Normally, the venture capital contracts tell an interesting story, but in Google's case, the story is opaque. The board composition provision just discussed suggests that Google's founders would not relinquish control easily. Then there is the fact that Google's venture capitalists did not obtain a right of first refusal for subsequent rounds of investment. Such a right is routine in venture capital investments, and it allows the venture capitalists to maintain their ownership interest in the portfolio company. Why didn't Google's venture capitalists obtain this right? Perhaps Google's founders denied them the right for the purpose of maintaining maximum flexibility in future financings? Would there be some advantage to Google's founders if the current venture capitalists could have their ownership interests diminished by future investments (from other venture capitalists or strategic partners)? I can't discern the answer just by looking at the documents.

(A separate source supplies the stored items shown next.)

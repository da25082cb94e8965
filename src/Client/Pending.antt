-- ===== src/Client/Pending.antt =====
-- The requests that wait at a MsgClient of src/task_msg.cpp: their ids and addresses are distinct,
-- whatever is sent, received or timed out.
use task_monitor.Base.{
  ℕ, suc, ◌≤◌, ◌<◌, ◌≡◌, ◌≢◌, refl, sym, ◌∙◌, subst, inl, inr, List, [], ◌∷◌, ◌++◌, Option, none,
  some, arith, ◌==◌, ℤ, u32_mod, Option-cases, Bool-cases,
}
use task_monitor.Ring.{RingBuf}
use task_monitor.ListApi.{ListApi, IsListApi, delete}
use task_monitor.Json.{Json}
use task_monitor.Msg.{EventType}
use task_monitor.Send.{send_frame}
use task_monitor.Client.{
  MsgRequest, node_of, MsgClient, Grant, get_next_req_id, req_node_create, after_writes,
  send_request, drop_request,
}
use task_monitor.Client.Responses.{process_rsp_data}
use task_monitor.Client.Receive.{find_request, respond}

module _ (js : Json) (C : Type 0) where
  abbrev Request : Type 0
  Request = MsgRequest js C

  -- Ids fall along the list, from below a bound.
  abbrev pub Falling : ℕ → List Request → Type 0
  Falling n [] = Unit {0}
  Falling n (r ∷ rs) = (r.req_id < n) × Falling r.req_id rs

  -- No request of the list has this address.
  abbrev pub Absent : ℕ → List Request → Type 0
  Absent n [] = Unit {0}
  Absent n (r ∷ rs) = (r.node ≢ n) × Absent n rs

  abbrev pub Distinct : List Request → Type 0
  Distinct [] = Unit {0}
  Distinct (r ∷ rs) = Absent r.node rs × Distinct rs

  Falling-mono : {m n : ℕ} (rs : List Request) → m ≤ n → Falling m rs → Falling n rs
  Falling-mono [] h f = tt
  Falling-mono (r ∷ rs) h f = (omega arith, f.1)

  Falling-delete :
      (k n : ℕ) (rs : List Request) → Falling n rs → Falling n (delete (node_of js C) k rs)
  unfolding delete
  Falling-delete k n [] f = tt
  Falling-delete k n (r ∷ rs) f =
      ground (arith, Falling-delete k r.req_id rs f.1, Falling-mono {m = r.req_id} {n = n} rs)

  Absent-delete :
      (n k : ℕ) (rs : List Request) → Absent n rs → Absent n (delete (node_of js C) k rs)
  unfolding delete
  Absent-delete n k [] a = tt
  Absent-delete n k (r ∷ rs) a = ground (arith, Absent-delete n k rs a.1)

  Distinct-delete :
      (k : ℕ) (rs : List Request) → Distinct rs → Distinct (delete (node_of js C) k rs)
  unfolding delete
  Distinct-delete k [] d = tt
  Distinct-delete k (r ∷ rs) d =
      ground (arith, Distinct-delete k rs d.1, Absent-delete r.node k rs d.0)

  find_above :
      (id n : ℕ) (rs : List Request) → Falling n rs → n ≤ id → find_request js C id rs ≡ none
  unfolding find_request
  find_above id n [] f h = refl
  find_above id n (r ∷ rs) f h = ground (arith, find_above id r.req_id rs f.1)

  pub Absent-find :
      (id n : ℕ) (rs : List Request) (r : Request)
      → Absent n rs
      → find_request js C id rs ≡ some r
      → r.node ≢ n
  unfolding find_request
  Absent-find id n [] r a e = cc
  Absent-find id n (x ∷ rs) r a e = ground (arith, Absent-find id n rs r a.1)

  -- Once the found request is deleted, its id is not found again.
  pub find-delete :
      (id n : ℕ) (rs : List Request) (r : Request)
      → Falling n rs
      → Distinct rs
      → find_request js C id rs ≡ some r
      → find_request js C id (delete (node_of js C) r.node rs) ≡ none
  unfolding find_request delete
  find-delete id n [] r f d e = cc
  find-delete id n (x ∷ rs) r f d e = elim (Bool-cases (x.req_id == id)) [
    | inl hit ↦ ground (arith, find_above id x.req_id rs f.1)
    | inr miss ↦
        let e' : find_request js C id rs ≡ some r = ground arith in
        ground (arith, find-delete id x.req_id rs r f.1 d.1 e', Absent-find id x.node rs r d.0 e')
  ]

  -- What holds of the requests that wait, by the last id given out.
  pub record Orderly (cur : ℕ) (rs : List Request) : Type 0 where
    pub ids : Falling (suc cur) rs
    pub nodes : Distinct rs

  pub Orderly-delete :
      (k cur : ℕ) (rs : List Request) → Orderly cur rs → Orderly cur (delete (node_of js C) k rs)
  Orderly-delete k cur rs v = record {
    ids = Falling-delete k (suc cur) rs v.ids;
    nodes = Distinct-delete k rs v.nodes;
  }

  pub Orderly-cons :
      (cur : ℕ) (r : Request) (rs : List Request)
      → Orderly cur rs
      → r.req_id ≡ suc cur
      → Absent r.node rs
      → Orderly (suc cur) (r ∷ rs)
  Orderly-cons cur r rs v e a = record { ids = (omega arith, rw e v.ids); nodes = (a, v.nodes) }

  pub Orderly-suc : (cur : ℕ) (rs : List Request) → Orderly cur rs → Orderly (suc cur) rs
  Orderly-suc cur rs v = record {
    ids = Falling-mono {m = suc cur} {n = suc (suc cur)} rs (omega arith) v.ids;
    nodes = v.nodes;
  }

  module _ (rb : RingBuf) (api : ListApi Request) (list : IsListApi (node_of js C) api) where
    abbrev Client : Type 0
    Client = MsgClient js C rb api

    abbrev pub waiting : Client → List Request
    waiting c = api.entries c.request_list

    abbrev pub Inv : Client → Type 0
    Inv c = Orderly c.cur_req_id (waiting c)

    -- `malloc` gives no address that is in use.
    abbrev pub FreshNode : Grant js C rb api → Client → Type 0
    FreshNode g c = (n : ℕ) → g.node ≡ some n → Absent n (waiting c)

    pub drop_request-Inv :
        (c : Client) (req : Request) → Inv c → Inv (drop_request js C rb api c req)
    unfolding drop_request
    drop_request-Inv c req v =
        rw list.entries_del (Orderly-delete req.node c.cur_req_id (waiting c) v)

    req_node_create-fields :
        (g : Grant js C rb api) (id : ℕ) (cb : Option C) (type : EventType) (timeout : js.Double)
        (r : Request)
        → req_node_create js C rb api g id cb type timeout ≡ some r
        → (r.req_id ≡ id) × (g.node ≡ some r.node)
    unfolding req_node_create
    req_node_create-fields g id cb type timeout r e = ground arith

    after_writes-Inv :
        (c : Client) (cur : ℕ) (ret : ℤ) (timeout : js.Double) (req : Option Request)
        → c.cur_req_id ≡ suc cur
        → Orderly cur (waiting c)
        → ((r : Request) → req ≡ some r → (r.req_id ≡ suc cur) × Absent r.node (waiting c))
        → Inv (after_writes js C rb api c ret timeout req).1
    unfolding after_writes
    after_writes-Inv c cur ret timeout none e v new =
        let idle : Inv c =
          subst (λ (n : ℕ). Orderly n (waiting c)) (sym e) (Orderly-suc cur (waiting c) v) in
        ground (arith, idle)
    after_writes-Inv c cur ret timeout (some r) e v new =
        let idle : Inv c =
          subst (λ (n : ℕ). Orderly n (waiting c)) (sym e) (Orderly-suc cur (waiting c) v) in
        let (id, absent) = new r refl in
        let queued : Orderly c.cur_req_id (api.entries (api.list_add r c.request_list)) =
          rw list.entries_add (
            subst (λ (n : ℕ). Orderly n (r ∷ waiting c)) (sym e)
              (Orderly-cons cur r (waiting c) v id absent)) in
        ground (arith, idle, queued)

    -- Sending keeps the ids and addresses distinct, whatever the writes, the memory and the timer
    -- do, until the 32-bit counter comes round.
    pub send_request-Inv :
        (c : Client) (g : Grant js C rb api) (type : EventType) (buf : List ℕ) (len : ℕ)
        (cb : Option C) (timeout : js.Double) {ret : ℤ} {c' : Client}
        → Inv c
        → suc c.cur_req_id < u32_mod
        → FreshNode g c
        → send_request js C rb api c g type buf len cb timeout ≡ some (ret, c')
        → Inv c'
    unfolding send_request get_next_req_id
    send_request-Inv c g type buf len cb timeout {ret} {c'} v room fresh e =
        let next = get_next_req_id js C rb api c in
        let counted : next.0 ≡ suc c.cur_req_id = omega arith in
        elim (Option-cases (send_frame c.client_fd next.0 buf len)) [
          | inl blocked ↦ ground arith
          | inr (written, ew) ↦
              let sent : Client = record (next.1) { client_fd = written.1 } in
              let req = req_node_create js C rb api g next.0 cb type timeout in
              let kept : Inv (after_writes js C rb api sent written.0 timeout req).1 =
                after_writes-Inv sent c.cur_req_id written.0 timeout req counted v λ r er.
                  let (id, node) = req_node_create-fields g next.0 cb type timeout r er in
                  (id ∙ counted, fresh r.node node) in
              let same : after_writes js C rb api sent written.0 timeout req ≡ (ret, c') =
                ground arith in
              subst (λ (x : ℤ × Client). Inv x.1) same kept
        ]

    -- A response keeps them distinct, whether it finds its request or not.
    pub respond-Inv :
        (c : Client) (id : ℕ) (ret : ℤ) (value : Option js.Value)
        → Inv c
        → Inv (respond js C rb api c id ret value).1
    unfolding respond
    respond-Inv c id ret value v = elim (Option-cases (find_request js C id (waiting c))) [
      | inl e ↦ rw (e, respond) v
      | inr (r, e) ↦
          let calls = (process_rsp_data js C rb api r ret value).1 in
          rw (e, respond) (drop_request-Inv (record c { calls = c.calls ++ calls }) r v)
    ]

Then there are the strange voting rights for the pre-IPO shares. The Common Stock (held only by Sergey and Larry) has one vote per share, but the Class A Senior Common Stock (owned by Sergey, Larry, Eric, and other employees) has ten votes per share, as does each series of Preferred Stock. Given the small number of shares of Common Stock outstanding, the effect is simply to multiple the number of votes by ten with no discernable effect on control. Presumably, Google had some other plan in mind when it created the unusual class of common stock (complexity for its own sake is unappealing in creating a capital structure), but what was the plan?
By the way, Google's current board of directors numbers nine, with three directors being appointed to fill vacancies created by the increase in the size of the board. This change does not fit comfortably with the aforementioned charter provision (who would elect the new directors at the next shareholder meeting?), but it doesn't need to as Google's charter will be amended upon IPO (i.e., before it would make a difference).